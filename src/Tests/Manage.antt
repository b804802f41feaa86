-- ===== src/Tests/Manage.antt =====
-- Runs of the management of personal access tokens.
use mathlib.Core.Path.{subst}
use mathlib.Core.List.{Perm}
use cimd_proxy.Prelude.{
  ℕ, zero, suc, String, ◌≡◌, refl, ap, true, false, none, some, List, [], ◌∷◌, ◌⊎◌, inl, arith,
  ◌==◌, if◌then◌else◌, keep, ◌&&◌, ◌||◌, eqb, leb, ltb,
}
use cimd_proxy.Prelude.Int.{pos}
use cimd_proxy.Json.{Json, str, bool, int, arr, nil, strings, object}
use cimd_proxy.Errors.{Result, ok, err, oauth, invalid_grant, value_error}
use cimd_proxy.Effects.{World, Request, Reply, answered, run, sent}
use cimd_proxy.Platform.{Platform}
use cimd_proxy.Config.{ProxyConfig, PatConfig, ResourceEntry}
use cimd_proxy.Keycloak.{KeycloakClient, Caller, keycloak_client}
use cimd_proxy.Pat.Record.{PatRecord, touch, row_count}
use cimd_proxy.Pat.Format.{is_well_formed, token_hash}
use cimd_proxy.Pat.Uuid.{parse_uuid}
use cimd_proxy.Pat.Table.{Row, Table, execute, tokens}
use cimd_proxy.Pat.Table.Play.{play}
use cimd_proxy.Pat.Table.Reach.{Reach, Reach-trans, here, next, play-Reach}
use cimd_proxy.Pat.Table.Kept.{IsKept, Reach-IsKept}
use cimd_proxy.Pat.Table.WellFormed.{IsWellFormed, Reach-IsWellFormed}
use cimd_proxy.Pat.Table.Lasting.{Lasts, Reach-Lasts}
use cimd_proxy.Pat.Manage.Listed.{list_own_lem}
use cimd_proxy.Prelude.Sort.{IsSorted}
use cimd_proxy.Pat.Create.{CreateRequest}
use cimd_proxy.Pat.Exchange.{check_params, exchange}
use cimd_proxy.Pat.Manage.{create, list_own, revoke_own}
use cimd_proxy.Pat.Authenticate.{authenticate, bearer_credential}
use cimd_proxy.Pat.Manage.Revoked.{IsHit, revoke-exchange}
use cimd_proxy.Pat.Manage.Usable.{IsFound, create-IsFound}
use cimd_proxy.Pat.Authenticate.Owner.{
  IsAuthenticated, introspection, authenticate_sound, authenticate-sent,
}
use cimd_proxy.Pat.Api.{Call, post_tokens, manage}
use cimd_proxy.Pat.Api.Answers.{outcome, handling, manage-outcome}
use cimd_proxy.Tests.Setup
use cimd_proxy.Tests.Setup.{entry}
use cimd_proxy.Tests.Exchange
use cimd_proxy.Tests.Exchange.{token, open_config, params, request, create_body}

abbrev realm : String
realm = "https://id.example/realms/r"

abbrev ones : ℕ → List ℕ
ones zero = []
ones (suc n) = 1 ∷ ones n

abbrev platform : Platform
platform = record Setup.platform { sha256 = λ _. ones 32 }

abbrev pat : PatConfig
pat = record Exchange.pat { realm_issuer = realm }

abbrev config : ProxyConfig
config = record open_config {
  resources = record entry { issuer = realm; pat_client_id = "pat"; pat_client_secret = "p" } ∷ [];
}

abbrev kc : KeycloakClient
kc = record {
  issuer = realm;
  admin_base = "https://id.example/admin/realms/r";
  client_id = "admin";
  client_secret = "a";
  idp_alias = "proxy";
}

kc_made : keycloak_client pat ≡ ok kc
unfolding keycloak_client
kc_made = refl

abbrev caller : Caller
caller = record { subject = "owner"; username = "ann"; organizations = "acme" ∷ [] }

-- An answer with a status and a JSON body.
abbrev answer : ℕ → Json → Reply
answer status body =
    answered (record { status_code = status; cache_control = none; chunks = []; json = some body })

abbrev sign_in : Json
sign_in = object (
    ("active", bool true)
    ∷ ("iss", str realm)
    ∷ ("typ", str "Bearer")
    ∷ ("sub", str "owner")
    ∷ ("sid", str "s1")
    ∷ ("preferred_username", str "ann")
    ∷ ("organization", arr (strings ("acme" ∷ [])))
    ∷ [])

-- Keycloak: the four addresses that the program asks.
abbrev keycloak : Request → Reply
keycloak q =
    if q.url == "https://id.example/realms/r/protocol/openid-connect/token/introspect"
    then answer 200 sign_in
    else if q.url == "https://id.example/realms/r/protocol/openid-connect/token"
    then answer 200 (object (("access_token", str "at") ∷ ("scope", str "openid mcp") ∷ []))
    else if q.method == "GET"
    then answer 200 (arr nil)
    else answer 201 (object [])

abbrev world : ℕ → World
world now = record {
  now = now;
  noise = 0;
  names = λ _. none;
  upstream = keycloak;
  table = λ _. row_count 0;
}

abbrev wanted : CreateRequest
wanted = record request { resources = "https://mcp.example" ∷ []; lifetime_days = 2 }

abbrev made : PatRecord
made = record {
  id = 302240678275694148452352;
  tenant = "acme";
  realm_issuer = realm;
  owner_sub = "owner";
  name = "ci";
  resources = "https://mcp.example" ∷ [];
  scopes = "mcp" ∷ [];
  created_at = 3000000;
  expires_at = 172803000000;
  last_used_at = none;
  revoked_at = none;
}

abbrev row : Row
row = record { token = made; token_hash = ones 32 }

created :
    play (world 3) [] (create platform config pat kc caller wanted) ≡ (ok (made, token), row ∷ [])
unfolding create cimd_proxy.Http.token_url cimd_proxy.Config.resource_by_url
    cimd_proxy.Config.normalise_requested_url cimd_proxy.Url.urlsplit
    cimd_proxy.Config.entry_with_url cimd_proxy.Pat.Format.generate_from execute
created = refl

none_yet : IsWellFormed []
none_yet = record { checked = tt; distinct = tt }

abbrev later : Table
later = record row { token = record made { last_used_at = some 5 } } ∷ []

touched : Reach (row ∷ []) later
unfolding execute
touched = next here 5 (touch made.id 5) refl

create-IsFound_example : (r : PatRecord) × IsFound platform config pat kc later 5 made token r
create-IsFound_example =
    create-IsFound platform config pat kc (world 3) caller wanted [] (row ∷ []) later (made, token)
      touched 5 none_yet created (omega arith)

stored_well : IsWellFormed (row ∷ [])
stored_well =
    Reach-IsWellFormed
      (subst (Reach []) (ap (λ (o : Result (PatRecord × String) × Table). o.1) created)
        (play-Reach (world 3) [] (create platform config pat kc caller wanted)))
      none_yet

abbrev made_id : String
made_id = "00000000-0000-4000-8000-000000000000"

abbrev revoked_table : Table
revoked_table = record row { token = record made { revoked_at = some 4000000 } } ∷ []

revoked :
    play (world 4) (row ∷ []) (revoke_own platform config pat kc caller made_id)
    ≡ (ok tt, revoked_table)
unfolding revoke_own execute
revoked = refl

id_read : parse_uuid made_id ≡ some made.id
unfolding parse_uuid
id_read = refl

offered : check_params platform config pat params ≡ ok token
unfolding check_params is_well_formed
offered = refl

revoke-exchange_example :
    IsHit platform config pat kc caller made.id row
    × (play (world 5) revoked_table (exchange platform config pat params)
        ≡ (err (oauth (invalid_grant "the personal access token is revoked")), revoked_table))
revoke-exchange_example =
    revoke-exchange platform config pat kc (world 4) (world 5) (row ∷ []) revoked_table
      revoked_table caller made_id here params token row stored_well revoked (inl refl) id_read refl
      offered

signed_in : run (world 3) (authenticate platform config pat kc (some "Bearer x")) ≡ ok caller
unfolding authenticate cimd_proxy.Http.token_url is_well_formed
signed_in = refl

authenticate_sound_example :
    IsAuthenticated platform config pat kc (world 3) (some "Bearer x") caller
authenticate_sound_example =
    authenticate_sound platform config pat kc (world 3) (some "Bearer x") caller signed_in

authenticate-sent_example :
    (sent (world 3) (authenticate platform config pat kc (some "Bearer x")) ≡ [])
    ⊎ ((credential : String) × (bearer_credential (some "Bearer x") ≡ ok credential)
        × (is_well_formed credential ≡ ok false)
        × (sent (world 3) (authenticate platform config pat kc (some "Bearer x"))
            ≡ introspection platform config pat kc (world 3) credential ∷ []))
authenticate-sent_example = authenticate-sent platform config pat kc (world 3) (some "Bearer x")

Reach-Lasts_example : Lasts row later
Reach-Lasts_example = Reach-Lasts touched row (inl refl)

none-IsKept : IsKept []
none-IsKept = record { checked = tt; unique = tt }

stored : Reach [] (row ∷ [])
stored =
    subst (Reach []) (ap (λ (o : Result (PatRecord × String) × Table). o.1) created)
      (play-Reach (world 3) [] (create platform config pat kc caller wanted))

Reach-IsKept_example : IsKept later
Reach-IsKept_example = Reach-IsKept (Reach-trans stored touched) none-IsKept

list_own_lem_example :
    (rs : List PatRecord) × (play (world 5) later (list_own platform config pat kc caller)
      ≡ (ok rs, later))
    × Perm rs (keep (λ r. r.realm_issuer == realm && r.owner_sub == "owner") (tokens later))
    × IsSorted
        (λ a b. ltb a.created_at b.created_at || (eqb a.created_at b.created_at && leb a.id b.id))
        rs
list_own_lem_example = list_own_lem platform config pat kc (world 5) caller later

-- A lifetime that a date cannot hold, at a call with long lifetimes.
abbrev endless : Json
endless = object (
    ("name", str "ci")
    ∷ ("resources", arr (strings ("https://mcp.example" ∷ [])))
    ∷ ("scopes", arr (strings ("mcp" ∷ [])))
    ∷ ("expires_in_days", int (pos 10000000))
    ∷ ("allow_long_lifetime", bool true)
    ∷ [])

abbrev endless_call : Call
endless_call = post_tokens (some "Bearer x") (some endless)

overflows :
    (play (world 3) [] (manage platform config pat kc endless_call)).0
    ≡ err (value_error "OverflowError: date value out of range")
unfolding manage cimd_proxy.Http.token_url execute is_well_formed cimd_proxy.Config.resource_by_url
    cimd_proxy.Config.normalise_requested_url cimd_proxy.Url.urlsplit
    cimd_proxy.Config.entry_with_url
overflows = refl

manage-outcome_example :
    play (world 3) [] (manage platform config pat kc endless_call)
    ≡ outcome (play (world 3) [] (handling platform config pat kc (world 3) endless_call))
manage-outcome_example = manage-outcome platform config pat kc (world 3) [] endless_call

☆ ☆ ☆ ☆ ☆

## What to produce
In the material above, find each line containing the word "PatConfig" and copy it.

## Problem solution
use cimd_proxy.Config.{ProxyConfig, PatConfig, ResourceEntry}
abbrev pat : PatConfig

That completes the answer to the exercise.